When separated from your baby you can still provide breast milk and plan to breastfeed. By starting to express breast milk as soon as six hours after birth you can provide that vital first milk (colostrum) which can either be fed to your baby through a nasogastric (NG) tube or frozen and given to them when they are ready for it. By continuing to express breast milk (ideally every three hours) you can maintain and increase your milk supply. When your baby is ready, you can initiate breastfeeding, or give breast milk in a bottle, alongside nasogastric (NG) feeding. If you are unable to supply your own milk then most neonatal units will have a donated breast milk supply, which is another way your baby can recieve breast milk.

Speak to your midwife and breastfeeding nurse, who can support you and give you information about breastfeeding including expression and storage of breast milk. Breast milk is the best nutrition for your baby, it is easiest for them to digest, and contains vital antibodies which protect against infections and growth factors which support your baby’s growth and development.

There are many national and local charities which can provide you with support and information. Our recommendations are below, but also ask your nurse or health visitor about any local groups.

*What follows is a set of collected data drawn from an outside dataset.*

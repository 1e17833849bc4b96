-- ===== src/Paging/Entry/Fields.antt =====
-- The frame and the flags of an entry.
use avent.Base.Bits.{
  bit_ext, bit_at-and, bit_at-or, bit_at-not, bit_at-mask, bit_at-zero_of_eq, bit_and_high,
  bit_at_bound,
}
use avent.Base.Words.{is_power_of_two}
use avent.Base.{
  ℕ, ◌-◌, ◌%◌, ◌<◌, ◌^◌, bit_and, bit_or, true, false, none, some, done, ◌≡◌, refl, ◌∙◌, arith,
  ◌==◌,
}
use avent.Mm.Addr.{page_size}
use avent.Mm.Addr.Align.{is_aligned-eq-mod}
use avent.Mm.Frame.{PhysFrame, from_base}
use avent.Paging.Entry.{
  EntryFlags, phys_mask, complement, present, contains, new, flags, frame, is_present,
}

-- Within the mask the frame is left, outside it the flags.
masked :
    (a f : ℕ)
    → f < 2 ^ 64
    → bit_and f phys_mask ≡ 0
    → (bit_and (bit_or (bit_and a phys_mask) f) phys_mask ≡ bit_and a phys_mask)
      × (bit_and (bit_or (bit_and a phys_mask) f) (complement phys_mask) ≡ f)
masked a f small apart = (
  bit_ext _ _ (λ i. omega (
    arith,
    bit_at-and i (bit_or (bit_and a phys_mask) f) phys_mask,
    bit_at-or i (bit_and a phys_mask) f,
    bit_at-and i a phys_mask,
    bit_at-and i f phys_mask,
    bit_at-zero_of_eq i (bit_and f phys_mask) apart,
  )),
  bit_ext _ _ (λ i. omega (
    arith,
    bit_at-and i (bit_or (bit_and a phys_mask) f) (complement phys_mask),
    bit_at-or i (bit_and a phys_mask) f,
    bit_at-and i a phys_mask,
    bit_at-and i f phys_mask,
    bit_at-zero_of_eq i (bit_and f phys_mask) apart,
    bit_at-not 64 i phys_mask (omega arith),
    bit_at-mask 64 i f small,
    bit_at_bound i a,
    bit_at_bound i f,
    bit_at_bound i phys_mask,
    bit_at_bound i (2 ^ 64 - 1),
  )),
)

module _ (f : PhysFrame) (fl : EntryFlags) (inside : f.base < 2 ^ 52)
    (aligned : f.base % page_size ≡ 0) (small : fl < 2 ^ 64)
    (apart : bit_and fl phys_mask ≡ 0) where
  address : bit_and f.base phys_mask ≡ f.base
  address = bit_and_high 52 12 f.base (omega arith) inside ∙ omega (arith, aligned)

  flags-new : flags (new f fl) ≡ fl
  unfolding flags new
  flags-new = (masked f.base fl small apart).1

  base-new : bit_and (new f fl) phys_mask ≡ f.base
  unfolding new
  base-new = (masked f.base fl small apart).0 ∙ address

  from_base-aligned : from_base page_size f.base ≡ done (some f)
  unfolding from_base is_power_of_two
  from_base-aligned =
      let even : (f.base % page_size == 0) ≡ true = rw aligned refl in
      rw (is_aligned-eq-mod f.base page_size refl, even) refl

  frame-new : contains fl present ≡ true → frame (new f fl) ≡ done (some f)
  unfolding frame is_present
  frame-new on = rw (flags-new, on, base-new) from_base-aligned

  frame_absent : contains fl present ≡ false → frame (new f fl) ≡ done none
  unfolding frame is_present
  frame_absent off = rw (flags-new, off) refl

  -- For a page-aligned frame below 2 ^ 52 and flags of 64 bits outside the address field: an entry
  -- made of them has these flags; if they say that it is present, it has this frame, and if not, none.
  pub new-fields :
      (flags (new f fl) ≡ fl)
      × (contains fl present ≡ true → frame (new f fl) ≡ done (some f))
      × (contains fl present ≡ false → frame (new f fl) ≡ done none)
  new-fields = (flags-new, frame-new, frame_absent)
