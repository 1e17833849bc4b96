-- ===== src/Paging/Entry/Convert.antt =====
-- The conversion of flags between the two encodings.
use avent.Base.{
  ℕ, zero, suc, ◌<◌, Bool, true, false, ◌&&◌, not, ltb, ltb→lt, bit_and, ◌^◌, ◌==◌, ==_iff, ◌≡◌,
  refl, arith, inl, inr, Bool-cases,
}
use avent.Paging.Flags
use avent.Paging.Flags.{PageFlags}
use avent.Paging.Entry.{
  phys_mask, contains, present, huge_page, entry_flags_from_page_flags, page_flags_from_entry_flags,
}

-- The test holds of all numbers below `n`.
all_below : (ℕ → Bool) → ℕ → Bool
all_below test zero = true
all_below test (suc n) = test n && all_below test n

and_true : (a b : Bool) → (a && b) ≡ true → (a ≡ true) × (b ≡ true)
and_true true true h = (refl, refl)
and_true true false h = cc
and_true false b h = cc

all_below_at : (test : ℕ → Bool) (n i : ℕ) → all_below test n ≡ true → i < n → test i ≡ true
unfolding all_below
all_below_at test zero i h k = absurd (omega arith)
all_below_at test (suc n) i h k =
    let both = and_true (test n) (all_below test n) h in
    elim (Bool-cases (i == n)) [
      | inl e ↦ let same : i ≡ n = (==_iff i n).0 e in rw same both.0
      | inr e ↦ all_below_at test n i both.1 (ground (arith, e, k))
    ]

-- Page flags, below 64, converted to entry flags and back have `READ` added, which a present entry
-- implies, and are the same otherwise.
pub page_flags-entry_flags :
    (pf : PageFlags)
    → pf < 64
    → page_flags_from_entry_flags (entry_flags_from_page_flags pf) ≡ Flags.or pf Flags.read
unfolding page_flags_from_entry_flags entry_flags_from_page_flags all_below
page_flags-entry_flags pf h = (==_iff _ _).0 (
    all_below_at
      (λ p. page_flags_from_entry_flags (entry_flags_from_page_flags p) == Flags.or p Flags.read) 64
      pf refl h)

-- The entry flags of page flags below 64 stay out of the address field; they say present and no huge page.
pub entry_flags-fields :
    (pf : PageFlags)
    → pf < 64
    → (entry_flags_from_page_flags pf < 2 ^ 64)
      × (bit_and (entry_flags_from_page_flags pf) phys_mask ≡ 0)
      × (contains (entry_flags_from_page_flags pf) present ≡ true)
      × (contains (entry_flags_from_page_flags pf) huge_page ≡ false)
unfolding entry_flags_from_page_flags all_below
entry_flags-fields pf h =
    let ef = entry_flags_from_page_flags pf in
    let all =
      all_below_at
        (λ p.
          let ef = entry_flags_from_page_flags p in
          ltb ef (2 ^ 64)
          && (bit_and ef phys_mask == 0)
          && contains ef present
          && not (contains ef huge_page))
        64 pf refl h in
    let (abc, d) = and_true _ _ all in
    let (ab, c) = and_true _ _ abc in
    let (a, b) = and_true _ _ ab in
    (
      ltb→lt ef (2 ^ 64) a,
      (==_iff (bit_and ef phys_mask) 0).0 b,
      c,
      not_true (contains ef huge_page) d,
    )
  where
    not_true : (b : Bool) → not b ≡ true → b ≡ false
    not_true true e = cc
    not_true false e = refl
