-- ===== src/Paging/Mapper/Leaf.antt =====
-- The leaf entry behind a translation, and entries made of a frame and flags.
use avent.Base.{
  sym, ℕ, ◌-◌, ◌%◌, ◌^◌, ◌<◌, bit_and, true, false, Option, none, some, done, done_injective,
  some_or_none, ◌==◌, ==_iff, ◌≡◌, refl, ap, ◌∙◌, subst, inl, inr, arith, Bool-cases,
}
use avent.Base.Words
use avent.Mm.Addr.{page_size}
use avent.Mm.Addr.Phys.{PhysAddr}
use avent.Mm.Addr.Phys
use avent.Mm.Addr.Virt.{VirtAddr, is_aligned}
use avent.Mm.Allocator.{Memory, store}
use avent.Mm.Addr.Align.{is_aligned-eq-mod}
use avent.Mm.Frame
use avent.Mm.Frame.{PhysFrame, frame_at}
use avent.Paging.Flags.{PageFlags, MapError, already_mapped, UnmapError, not_mapped, huge_page}
use avent.Paging.Flags
use avent.Paging.Entry.{
  phys_mask, PageTableEntry, is_present, is_huge, frame, flags, empty, entry_flags_from_page_flags,
  page_flags_from_entry_flags,
}
use avent.Paging.Entry
use avent.Paging.Entry.Fields.{new-fields}
use avent.Paging.Entry.Convert.{entry_flags-fields, page_flags-entry_flags}
use avent.Paging.Mapper.{PageTableMapper, and_then, walk, translate}
use avent.Paging.Mapper.Walk.{and_then-some, some_injective}

abbrev pub with_flags : Option PhysAddr → PageFlags → Option (PhysAddr × PageFlags)
with_flags o fl = elim o [ none ↦ none | some phys ↦ some (phys, fl) ]

-- What `translate` makes of the frame and the entry.
abbrev pub translated : PhysFrame → PageTableEntry → VirtAddr → Option (PhysAddr × PageFlags)
translated f e virt =
    with_flags (Phys.checked_add f.base (bit_and virt (page_size - 1)))
      (page_flags_from_entry_flags (flags e))

-- The leaf entry behind a translation.
pub record Mapped (self : PageTableMapper) (m : Memory) (virt : VirtAddr)
    (to : PhysAddr × PageFlags) : Type 0 where
  pub leaf : ℕ
  pub held : PhysFrame
  pub walks : walk self m virt ≡ done (some leaf)
  pub on : is_present (m leaf) ≡ true
  pub has : frame (m leaf) ≡ done (some held)
  pub gives : translated held (m leaf) virt ≡ some to

pub translate-Mapped :
    (self : PageTableMapper) (m : Memory) (virt : VirtAddr) (to : PhysAddr × PageFlags)
    → translate self m virt ≡ done (some to)
    → Mapped self m virt to
unfolding translate
translate-Mapped self m virt to e =
    let (leaf, walks, e1) = and_then-some (walk self m virt) _ to e in
    elim (Bool-cases (is_present (m leaf))) [
      | inl on ↦
          let e2 : and_then (frame (m leaf)) (λ f. done (translated f (m leaf) virt))
              ≡ done (some to) =
            rw on at e1 in
          let (f, has, e3) =
            and_then-some (frame (m leaf)) (λ f. done (translated f (m leaf) virt)) to e2 in
          record {
            leaf = leaf;
            held = f;
            walks = walks;
            on = on;
            has = has;
            gives = done_injective (translated f (m leaf) virt) (some to) e3;
          }
      | inr off ↦ absurd (some_or_none (done none) to (rw off at e1) refl)
    ]

pub first_of :
    (o : Option PhysAddr) (fl : PageFlags) (to : PhysAddr × PageFlags)
    → with_flags o fl ≡ some to
    → o ≡ some to.0
first_of none fl to e = absurd (some_or_none (done none) to (ap done e) refl)
first_of (some p) fl to e =
    ap some (ap (λ (q : PhysAddr × PageFlags). q.0) (some_injective (p, fl) to e))

pub checked_add_zero : (b p : PhysAddr) → Phys.checked_add b 0 ≡ some p → p ≡ b
checked_add_zero b p e = ground (arith, e)

pub offset_zero :
    (virt : VirtAddr) → is_aligned virt page_size ≡ done true → bit_and virt (page_size - 1) ≡ 0
unfolding is_aligned Words.is_power_of_two
offset_zero virt a = (==_iff (bit_and virt (page_size - 1)) 0).0 (done_injective _ _ a)

-- An aligned address has offset 0, so the translation is the base of the frame.
pub aligned-base :
    (virt : VirtAddr) (f : PhysFrame) (e : PageTableEntry) (to : PhysAddr × PageFlags)
    → is_aligned virt page_size ≡ done true
    → translated f e virt ≡ some to
    → to.0 ≡ f.base
aligned-base virt f e to a g = checked_add_zero f.base to.0 (
    first_of (Phys.checked_add f.base 0) (page_flags_from_entry_flags (flags e)) to (
      subst
        (λ k.
          with_flags (Phys.checked_add f.base k) (page_flags_from_entry_flags (flags e)) ≡ some to)
        (offset_zero virt a) g))

pub translate-leaf :
    (self : PageTableMapper) (m : Memory) (virt : VirtAddr) (leaf : ℕ) (f : PhysFrame)
    → walk self m virt ≡ done (some leaf)
    → is_present (m leaf) ≡ true
    → frame (m leaf) ≡ done (some f)
    → translate self m virt ≡ done (translated f (m leaf) virt)
unfolding translate
translate-leaf self m virt leaf f e on has = rw (translate, e, on, has) refl

pub store-at : (m : Memory) (at v : ℕ) → store m at v at ≡ v
store-at m at v = ground arith

-- An entry made of an aligned frame below 2 ^ 52 and the flags of page flags.
module _ (f : PhysFrame) (pf : PageFlags) (inside : f.base < 2 ^ 52)
    (aligned : f.base % page_size ≡ 0) (p : pf < 64) where
  abbrev pub made : PageTableEntry
  made = Entry.new f (entry_flags_from_page_flags pf)

  pub made-flags : flags made ≡ entry_flags_from_page_flags pf
  made-flags =
      let (small, apart, on, huge) = entry_flags-fields pf p in
      (new-fields f (entry_flags_from_page_flags pf) inside aligned small apart).0

  pub made-frame : frame made ≡ done (some f)
  made-frame =
      let (small, apart, on, huge) = entry_flags-fields pf p in
      (new-fields f (entry_flags_from_page_flags pf) inside aligned small apart).1 on

  pub made-on : is_present made ≡ true
  unfolding is_present
  made-on = rw made-flags (entry_flags-fields pf p).2

  pub made-small : is_huge made ≡ false
  unfolding is_huge
  made-small = rw made-flags (entry_flags-fields pf p).3

  -- What `translate` reads from such an entry, for an aligned address.
  pub made-translated :
      (virt : VirtAddr)
      → is_aligned virt page_size ≡ done true
      → translated f made virt ≡ some (f.base, Flags.or pf Flags.read)
  made-translated virt a =
      let zero_offset = offset_zero virt a in
      let sum : Phys.checked_add f.base 0 ≡ some f.base = ground (arith, inside) in
      ap (λ k. with_flags (Phys.checked_add f.base k) (page_flags_from_entry_flags (flags made)))
        zero_offset
      ∙ ap (λ o. with_flags o (page_flags_from_entry_flags (flags made))) sum
      ∙ ap (λ fl. with_flags (some f.base) (page_flags_from_entry_flags fl)) made-flags
      ∙ ap (λ fl. with_flags (some f.base) fl) (page_flags-entry_flags pf p)

pub from_base-aligned :
    (b : PhysAddr) (f : PhysFrame)
    → Frame.from_base page_size b ≡ done (some f)
    → f.base % page_size ≡ 0
unfolding Frame.from_base Words.is_power_of_two
from_base-aligned b f h = elim (Bool-cases (b % page_size == 0)) [
  | inl e ↦
      let found : done (some (frame_at b)) ≡ done (some f) =
        rw (is_aligned-eq-mod b page_size refl, e) at h in
      let same =
        some_injective (frame_at b) f (done_injective (some (frame_at b)) (some f) found) in
      subst (λ (g : PhysFrame). g.base % page_size ≡ 0) same ((==_iff (b % page_size) 0).0 e)
  | inr e ↦
      absurd (some_or_none (done none) f (rw (is_aligned-eq-mod b page_size refl, e) at h) refl)
]

pub frame-aligned :
    (e : PageTableEntry) (f : PhysFrame) → frame e ≡ done (some f) → f.base % page_size ≡ 0
unfolding frame
frame-aligned e f h = elim (Bool-cases (is_present e)) [
  | inl on ↦ from_base-aligned (bit_and e phys_mask) f (rw on at h)
  | inr off ↦ absurd (some_or_none (done none) f (rw off at h) refl)
]

-- A translation is below 2 ^ 52.
pub translated-bound :
    (o : Option PhysAddr) (fl : PageFlags) (b : PhysAddr) (to : PhysAddr × PageFlags)
    → Phys.checked_add b 0 ≡ o
    → with_flags o fl ≡ some to
    → b < 2 ^ 52
translated-bound none fl b to e g = absurd (some_or_none (done none) to (ap done g) refl)
translated-bound (some q) fl b to e g = ground (arith, e)

-- The frame behind a translation of an aligned address is below 2 ^ 52.
pub held-bound :
    (virt : VirtAddr) (f : PhysFrame) (e : PageTableEntry) (to : PhysAddr × PageFlags)
    → is_aligned virt page_size ≡ done true
    → translated f e virt ≡ some to
    → f.base < 2 ^ 52
held-bound virt f e to a g =
    translated-bound (Phys.checked_add f.base 0) (page_flags_from_entry_flags (flags e)) f.base to
      refl
      (ap (λ k. with_flags (Phys.checked_add f.base k) (page_flags_from_entry_flags (flags e)))
          (sym (offset_zero virt a))
        ∙ g)

-- Where a walk ends at an entry made of the frame and flags, `translate` gives them.
pub stored-translate :
    (self : PageTableMapper) (n : Memory) (virt : VirtAddr) (leaf : ℕ) (f : PhysFrame)
    (pf : PageFlags) (inside : f.base < 2 ^ 52) (aligned : f.base % page_size ≡ 0) (p : pf < 64)
    → is_aligned virt page_size ≡ done true
    → walk self n virt ≡ done (some leaf)
    → n leaf ≡ made f pf inside aligned p
    → translate self n virt ≡ done (some (f.base, Flags.or pf Flags.read))
stored-translate self n virt leaf f pf inside aligned p a w reads =
    translate-leaf self n virt leaf f w (ap is_present reads ∙ made-on f pf inside aligned p)
      (ap frame reads ∙ made-frame f pf inside aligned p)
    ∙ ap (λ e. done (translated f e virt)) reads
    ∙ ap done (made-translated f pf inside aligned p virt a)
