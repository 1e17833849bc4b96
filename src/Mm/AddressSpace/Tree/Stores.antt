-- ===== src/Mm/AddressSpace/Tree/Stores.antt =====
-- Writes into the leaf tables, and into frames that hold no table.
use avent.Base.{
  ℕ, ◌+◌, ◌*◌, ◌<◌, ◌==◌, ==_iff, some, Option, List, ◌++◌, Fresh, Fresh-of_All, Fresh-append, ◌≡◌,
  ◌≢◌, sym, ap, ◌∙◌, subst, inl, inr, Bool-cases, arith,
}
use avent.Mm.Addr.{page_size}
use avent.Mm.Addr.Virt.{VirtAddr}
use avent.Mm.Frame.{PhysFrame}
use avent.Mm.Allocator.{BitmapAllocator, Memory, store}
use avent.Mm.Allocator.Chain.{IsFree, Chain, Chain-store}
use avent.Mm.Allocator.Ownership.{IsSound, IsHeld}
use avent.Paging.Flags.{PageFlags}
use avent.Paging.Table.{
  PageTableLevel, one, two, three, four, index_of, index_of-lt, indices-injective,
}
use avent.Paging.Mapper.{PageTableMapper, entry_at}
use avent.Paging.Mapper.Leaf.{store-at}
use avent.Mm.AddressSpace.Lawful.{Pages, put}
use avent.Mm.AddressSpace.Tree.{Tree, table_of, IsLeaf, LeadsTo, IsTree}

-- Entries of tables in different frames are different words.
store_apart :
    (memory : Memory) (hhdm i j off word : ℕ) (l : PageTableLevel) (v : VirtAddr)
    → i ≢ j
    → off < page_size
    → store memory (table_of hhdm j + off) word (entry_at (table_of hhdm i) l v)
      ≡ memory (entry_at (table_of hhdm i) l v)
store_apart memory hhdm i j off word l v ne lt = ground (arith, index_of-lt l v, ne, lt)

module _ (t : Tree) (self : PageTableMapper) (memory : Memory) (hhdm : ℕ) (tables : List ℕ)
    (pages : Pages) (s : IsTree t self memory hhdm tables pages) where
  module _ (j off word : ℕ) (lt : off < page_size) where
    abbrev after : Memory
    after = store memory (table_of hhdm j + off) word

    kept :
        (l : PageTableLevel) (v : VirtAddr) (i to : ℕ)
        → i ≢ j
        → LeadsTo hhdm (memory (entry_at (table_of hhdm i) l v)) to
        → LeadsTo hhdm (after (entry_at (table_of hhdm i) l v)) to
    kept l v i to ne h =
        subst (λ e. LeadsTo hhdm e to) (sym (store_apart memory hhdm i j off word l v ne lt)) h

    -- A write into no table above the leaves, with the leaf entries and pages after it.
    stored :
        (pages' : Pages)
        → ((v : VirtAddr) → t.Reaches v → (t.root ≢ j) × (t.l3 v ≢ j) × (t.l2 v ≢ j))
        → ((v : VirtAddr)
            → t.Reaches v
            → IsLeaf (pages' v) (after (entry_at (table_of hhdm (t.l1 v)) one v)))
        → ((v : VirtAddr) (p : PhysFrame × PageFlags) → pages' v ≡ some p → t.Reaches v)
        → IsTree t self after hhdm tables pages'
    stored pages' off_path leaves within = record {
      same_hhdm = s.same_hhdm;
      at_root = s.at_root;
      at4 = λ v r. kept four v t.root (t.l3 v) (off_path v r).0 (s.at4 v r);
      at3 = λ v r. kept three v (t.l3 v) (t.l2 v) (off_path v r).1 (s.at3 v r);
      at2 = λ v r. kept two v (t.l2 v) (t.l1 v) (off_path v r).2 (s.at2 v r);
      leaves = leaves;
      within = within;
      owned = s.owned;
    }

  not-Fresh : (i j : ℕ) → ¬ Fresh j tables → Fresh i tables → j ≢ i
  not-Fresh i j n f e = n (subst (λ k. Fresh k tables) (sym e) f)

  -- A write at the start of a frame without a table.
  pub IsTree-elsewhere :
      (i word : ℕ)
      → Fresh i tables
      → IsTree t self (store memory (table_of hhdm i) word) hhdm tables pages
  IsTree-elsewhere i word f =
      let at : table_of hhdm i + 0 ≡ table_of hhdm i = omega arith in
      subst (λ a. IsTree t self (store memory a word) hhdm tables pages) at
        (stored i 0 word (omega arith) pages
          (λ v r.
            let o = s.owned v r in
            (not-Fresh i t.root o.0 f, not-Fresh i (t.l3 v) o.1 f, not-Fresh i (t.l2 v) o.2 f))
          (λ v r.
            subst (IsLeaf (pages v))
              (sym (
                store_apart memory hhdm (t.l1 v) i 0 word one v
                  (not-Fresh i (t.l1 v) (s.owned v r).3 f) (omega arith)))
              (s.leaves v r))
          s.within)

  module _ (virt : VirtAddr) (reached : t.Reaches virt) where
    abbrev leaf_of : ℕ
    leaf_of = entry_at (table_of hhdm (t.l1 virt)) one virt

    -- Another address has another leaf entry.
    other_leaf :
        (word : ℕ) (v : VirtAddr)
        → t.Reaches v
        → v ≢ virt
        → store memory leaf_of word (entry_at (table_of hhdm (t.l1 v)) one v)
          ≡ memory (entry_at (table_of hhdm (t.l1 v)) one v)
    other_leaf word v r ne = elim (Bool-cases (t.l1 v == t.l1 virt)) [
      | inl e ↦
          let same = (==_iff (t.l1 v) (t.l1 virt)).0 e in
          let above = t.shared v virt r reached same in
          let differ : index_of one v ≢ index_of one virt = λ i. ne (
            indices-injective v virt (t.canonical v r) (t.canonical virt reached)
              (λ l. elim l as (λ k. index_of k v ≡ index_of k virt) [
                | one ↦ i
                | two ↦ above.2
                | three ↦ above.1
                | four ↦ above.0
              ])
              (omega (arith, t.aligned v r, t.aligned virt reached))) in
          ground (arith, same, differ)
      | inr e ↦
          store_apart memory hhdm (t.l1 v) (t.l1 virt) (8 * index_of one virt) word one v
            (λ same. ground (arith, e, same)) (omega (arith, index_of-lt one virt))
    ]

    -- The leaf entry of an address is written.
    pub IsTree-put :
        (p : Option (PhysFrame × PageFlags)) (word : ℕ)
        → IsLeaf p word
        → IsTree t self (store memory leaf_of word) hhdm tables (put pages virt p)
    IsTree-put p word fits =
        stored (t.l1 virt) (8 * index_of one virt) word (omega (arith, index_of-lt one virt))
          (put pages virt p) (λ v r. t.apart v virt r reached)
          (λ v r. elim (Bool-cases (v == virt)) [
            | inl e ↦
                let same = (==_iff v virt).0 e in
                rw e (
                  subst (IsLeaf p)
                    (sym (store-at memory leaf_of word)
                      ∙ ap
                          (λ w. store memory leaf_of word (entry_at (table_of hhdm (t.l1 w)) one w))
                          (sym same))
                    fits)
            | inr e ↦ rw e (
                subst (IsLeaf (pages v))
                  (sym (other_leaf word v r (λ same. ground (arith, e, same)))) (s.leaves v r))
          ])
          (λ v q. elim (Bool-cases (v == virt)) [
            | inl e ↦ λ h. subst t.Reaches (sym ((==_iff v virt).0 e)) reached
            | inr e ↦ λ h. s.within v q (rw e at h)
          ])

    -- The leaf table is in a frame that is held, so the free list stays whole.
    pub IsSound-put :
        (a : BitmapAllocator) (chain held : List ℕ) (word : ℕ)
        → a.hhdm_offset ≡ hhdm
        → IsSound chain (record { allocator = a; memory = memory; held = held ++ tables })
        → IsSound chain
            (record { allocator = a; memory = store memory leaf_of word; held = held ++ tables })
    IsSound-put a chain held word same v = record {
      holds = record {
        tracked = v.holds.tracked;
        bits = v.holds.bits;
        linked =
            subst
              (λ h.
                Chain (store memory (t.l1 virt * page_size + h + 8 * index_of one virt) word)
                  a.hhdm_offset a.free_list_head chain)
              same
              (Chain-store memory a.hhdm_offset (t.l1 virt) (8 * index_of one virt) word
                a.free_list_head chain
                (Fresh-of_All (IsFree a.bitmap) (t.l1 virt) chain
                  (λ free.
                    (s.owned virt reached).3
                      (Fresh-append (t.l1 virt) held tables (
                        Fresh-of_All (IsHeld a.bitmap) (t.l1 virt) (held ++ tables)
                          (λ taken. omega (arith, free, taken)) v.marks)).1)
                  v.holds.bits)
                (omega (arith, index_of-lt one virt)) v.holds.linked);
        distinct = v.holds.distinct;
        counted = v.holds.counted;
      };
      marks = v.marks;
      tracks = v.tracks;
      owners = v.owners;
      small = v.small;
    }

  • Bliss is the major UK charity for premature and sick babies. They provides free information, support and a helpline. Helpline: 0500 618140 (9am to 9pm) www.bliss.org.uk
  • Best Beginnings provide free information, DVDs and support for parents www.bestbeginnings.org.uk
  • Sands provide information and support for those who have lost a baby. Helpline: 0207 436 5881 www.uk-sands.org
  • Ronald MacDonald Charity provide free accommodation around the county for families with children in hospital www.uk-sands.org

Having a baby in a neonatal unit can make the usual activities of being a parent difficult, such as playing, touching and cuddling your baby. These activities, however, play a vital role in your baby’s development and there are always ways in which you can interact with your baby regardless of how premature or sick they are. Comfort holding, kangaroo care and talking/singing to your baby are always possible. Information about these and other ways of interacting with your baby, can be provided by your baby’s nurse and are available in leaflets from the charities such as Bliss. When your baby starts to get stronger, toys and games are a great way to encourage development and build relationships.

Going home with a baby who has been sick or born early can be a very anxious as well as exciting time for parents. The neonatal unit will help you prepare by establishing feeding and sleeping routines, and any medications or oxygen supplies that your baby needs. You might also ‘room-in’ with your baby for a few nights on the unit before you leave, so that you have the opportunity to spend the night together. If you have any concerns make sure you discuss these with the neonatal staff, and access support through local or national groups and charities.